## Assignment:
Please restate, word for word, the lines below that begin at the one with "String → Option (List String)" and end at the one with "upstream_of (visit_upstream graph.edges". Leave out all other lines.

Collected data:

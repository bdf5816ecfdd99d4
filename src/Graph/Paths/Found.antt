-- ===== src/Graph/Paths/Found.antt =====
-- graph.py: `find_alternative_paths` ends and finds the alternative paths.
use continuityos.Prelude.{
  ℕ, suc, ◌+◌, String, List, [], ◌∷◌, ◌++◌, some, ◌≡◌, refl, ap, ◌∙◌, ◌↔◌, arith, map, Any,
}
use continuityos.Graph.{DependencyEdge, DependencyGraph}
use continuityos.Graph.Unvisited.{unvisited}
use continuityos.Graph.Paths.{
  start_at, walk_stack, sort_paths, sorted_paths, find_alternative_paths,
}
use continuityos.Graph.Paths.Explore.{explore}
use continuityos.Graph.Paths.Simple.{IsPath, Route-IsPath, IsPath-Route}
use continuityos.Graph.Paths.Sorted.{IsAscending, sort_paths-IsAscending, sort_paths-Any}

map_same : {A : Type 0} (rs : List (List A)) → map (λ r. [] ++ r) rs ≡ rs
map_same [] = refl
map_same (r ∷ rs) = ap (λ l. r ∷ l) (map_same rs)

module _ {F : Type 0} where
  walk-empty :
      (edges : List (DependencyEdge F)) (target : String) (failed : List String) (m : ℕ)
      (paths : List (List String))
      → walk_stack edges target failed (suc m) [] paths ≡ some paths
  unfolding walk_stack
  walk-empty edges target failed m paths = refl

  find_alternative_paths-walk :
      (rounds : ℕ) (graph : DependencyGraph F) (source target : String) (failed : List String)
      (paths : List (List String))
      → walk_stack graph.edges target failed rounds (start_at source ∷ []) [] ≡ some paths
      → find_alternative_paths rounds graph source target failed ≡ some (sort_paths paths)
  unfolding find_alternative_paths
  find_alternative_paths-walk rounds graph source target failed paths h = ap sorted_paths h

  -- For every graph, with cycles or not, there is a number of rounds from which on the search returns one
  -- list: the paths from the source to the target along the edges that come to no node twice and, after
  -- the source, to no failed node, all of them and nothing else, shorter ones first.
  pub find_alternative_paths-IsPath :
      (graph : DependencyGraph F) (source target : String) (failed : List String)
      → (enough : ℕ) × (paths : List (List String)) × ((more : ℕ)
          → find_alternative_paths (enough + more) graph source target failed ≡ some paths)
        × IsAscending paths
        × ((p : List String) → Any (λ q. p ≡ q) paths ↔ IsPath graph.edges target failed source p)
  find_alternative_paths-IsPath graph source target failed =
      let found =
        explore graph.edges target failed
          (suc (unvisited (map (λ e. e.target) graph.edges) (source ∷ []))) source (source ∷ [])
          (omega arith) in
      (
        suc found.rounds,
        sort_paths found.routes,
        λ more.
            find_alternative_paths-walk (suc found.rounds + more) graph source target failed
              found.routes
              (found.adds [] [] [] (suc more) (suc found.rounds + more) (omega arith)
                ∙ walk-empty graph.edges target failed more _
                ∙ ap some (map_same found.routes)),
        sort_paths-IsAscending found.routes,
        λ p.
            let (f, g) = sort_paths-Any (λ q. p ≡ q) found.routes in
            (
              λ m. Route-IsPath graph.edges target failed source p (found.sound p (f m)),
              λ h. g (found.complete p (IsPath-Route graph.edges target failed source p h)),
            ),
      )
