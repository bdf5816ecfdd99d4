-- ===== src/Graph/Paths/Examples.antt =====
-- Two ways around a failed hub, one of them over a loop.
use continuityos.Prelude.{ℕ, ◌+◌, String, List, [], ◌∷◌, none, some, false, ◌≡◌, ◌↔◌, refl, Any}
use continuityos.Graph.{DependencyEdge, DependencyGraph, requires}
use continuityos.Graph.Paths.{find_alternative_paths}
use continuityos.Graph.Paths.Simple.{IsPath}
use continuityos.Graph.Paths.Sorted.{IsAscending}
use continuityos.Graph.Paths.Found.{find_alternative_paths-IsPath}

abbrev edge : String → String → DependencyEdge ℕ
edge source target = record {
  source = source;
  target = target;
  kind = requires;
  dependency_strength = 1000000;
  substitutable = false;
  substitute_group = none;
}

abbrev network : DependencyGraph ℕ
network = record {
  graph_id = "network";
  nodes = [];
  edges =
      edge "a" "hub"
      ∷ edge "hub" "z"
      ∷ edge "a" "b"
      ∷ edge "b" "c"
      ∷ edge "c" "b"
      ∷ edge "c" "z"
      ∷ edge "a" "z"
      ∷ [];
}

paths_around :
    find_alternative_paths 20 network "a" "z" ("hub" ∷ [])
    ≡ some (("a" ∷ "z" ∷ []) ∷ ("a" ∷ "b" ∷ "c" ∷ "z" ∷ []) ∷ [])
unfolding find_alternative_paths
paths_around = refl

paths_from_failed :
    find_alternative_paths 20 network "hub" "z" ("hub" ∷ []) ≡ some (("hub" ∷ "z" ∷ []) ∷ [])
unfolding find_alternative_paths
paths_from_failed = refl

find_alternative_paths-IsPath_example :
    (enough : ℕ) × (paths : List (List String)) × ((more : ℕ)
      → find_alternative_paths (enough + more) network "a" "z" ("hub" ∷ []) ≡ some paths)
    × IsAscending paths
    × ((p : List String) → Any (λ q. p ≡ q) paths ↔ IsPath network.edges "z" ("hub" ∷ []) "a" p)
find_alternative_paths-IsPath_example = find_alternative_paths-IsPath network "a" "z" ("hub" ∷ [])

---

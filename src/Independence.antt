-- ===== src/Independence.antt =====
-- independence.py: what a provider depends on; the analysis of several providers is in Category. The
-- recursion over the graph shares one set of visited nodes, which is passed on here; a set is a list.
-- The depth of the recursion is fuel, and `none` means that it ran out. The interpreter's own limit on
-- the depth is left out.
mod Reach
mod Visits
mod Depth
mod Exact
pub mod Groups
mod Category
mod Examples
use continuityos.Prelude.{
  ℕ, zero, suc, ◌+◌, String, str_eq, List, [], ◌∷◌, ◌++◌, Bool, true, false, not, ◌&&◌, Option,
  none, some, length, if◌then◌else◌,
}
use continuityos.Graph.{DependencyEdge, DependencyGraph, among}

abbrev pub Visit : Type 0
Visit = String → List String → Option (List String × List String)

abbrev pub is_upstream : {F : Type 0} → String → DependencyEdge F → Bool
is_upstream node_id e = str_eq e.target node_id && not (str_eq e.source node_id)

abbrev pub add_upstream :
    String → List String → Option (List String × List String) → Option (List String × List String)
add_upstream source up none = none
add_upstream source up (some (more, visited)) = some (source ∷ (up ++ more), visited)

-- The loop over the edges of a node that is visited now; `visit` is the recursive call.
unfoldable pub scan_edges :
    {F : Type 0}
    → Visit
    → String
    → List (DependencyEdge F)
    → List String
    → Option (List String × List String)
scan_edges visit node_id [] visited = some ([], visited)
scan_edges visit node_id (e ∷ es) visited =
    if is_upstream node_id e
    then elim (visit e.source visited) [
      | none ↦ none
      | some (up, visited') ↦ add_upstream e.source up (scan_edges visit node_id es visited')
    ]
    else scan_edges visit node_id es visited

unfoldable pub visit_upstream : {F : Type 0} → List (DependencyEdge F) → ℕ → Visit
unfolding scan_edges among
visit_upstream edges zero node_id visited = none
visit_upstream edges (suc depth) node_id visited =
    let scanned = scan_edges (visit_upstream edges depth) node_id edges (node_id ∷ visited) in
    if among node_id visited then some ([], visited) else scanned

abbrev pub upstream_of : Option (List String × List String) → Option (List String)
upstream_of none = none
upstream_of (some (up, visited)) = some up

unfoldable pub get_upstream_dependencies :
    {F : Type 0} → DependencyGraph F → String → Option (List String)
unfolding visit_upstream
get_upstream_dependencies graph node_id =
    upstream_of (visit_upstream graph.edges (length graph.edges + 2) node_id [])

## Expected output:
    {F : Type 0} → DependencyGraph F → String → Option (List String)
unfolding visit_upstream
get_upstream_dependencies graph node_id =
    upstream_of (visit_upstream graph.edges (length graph.edges + 2) node_id [])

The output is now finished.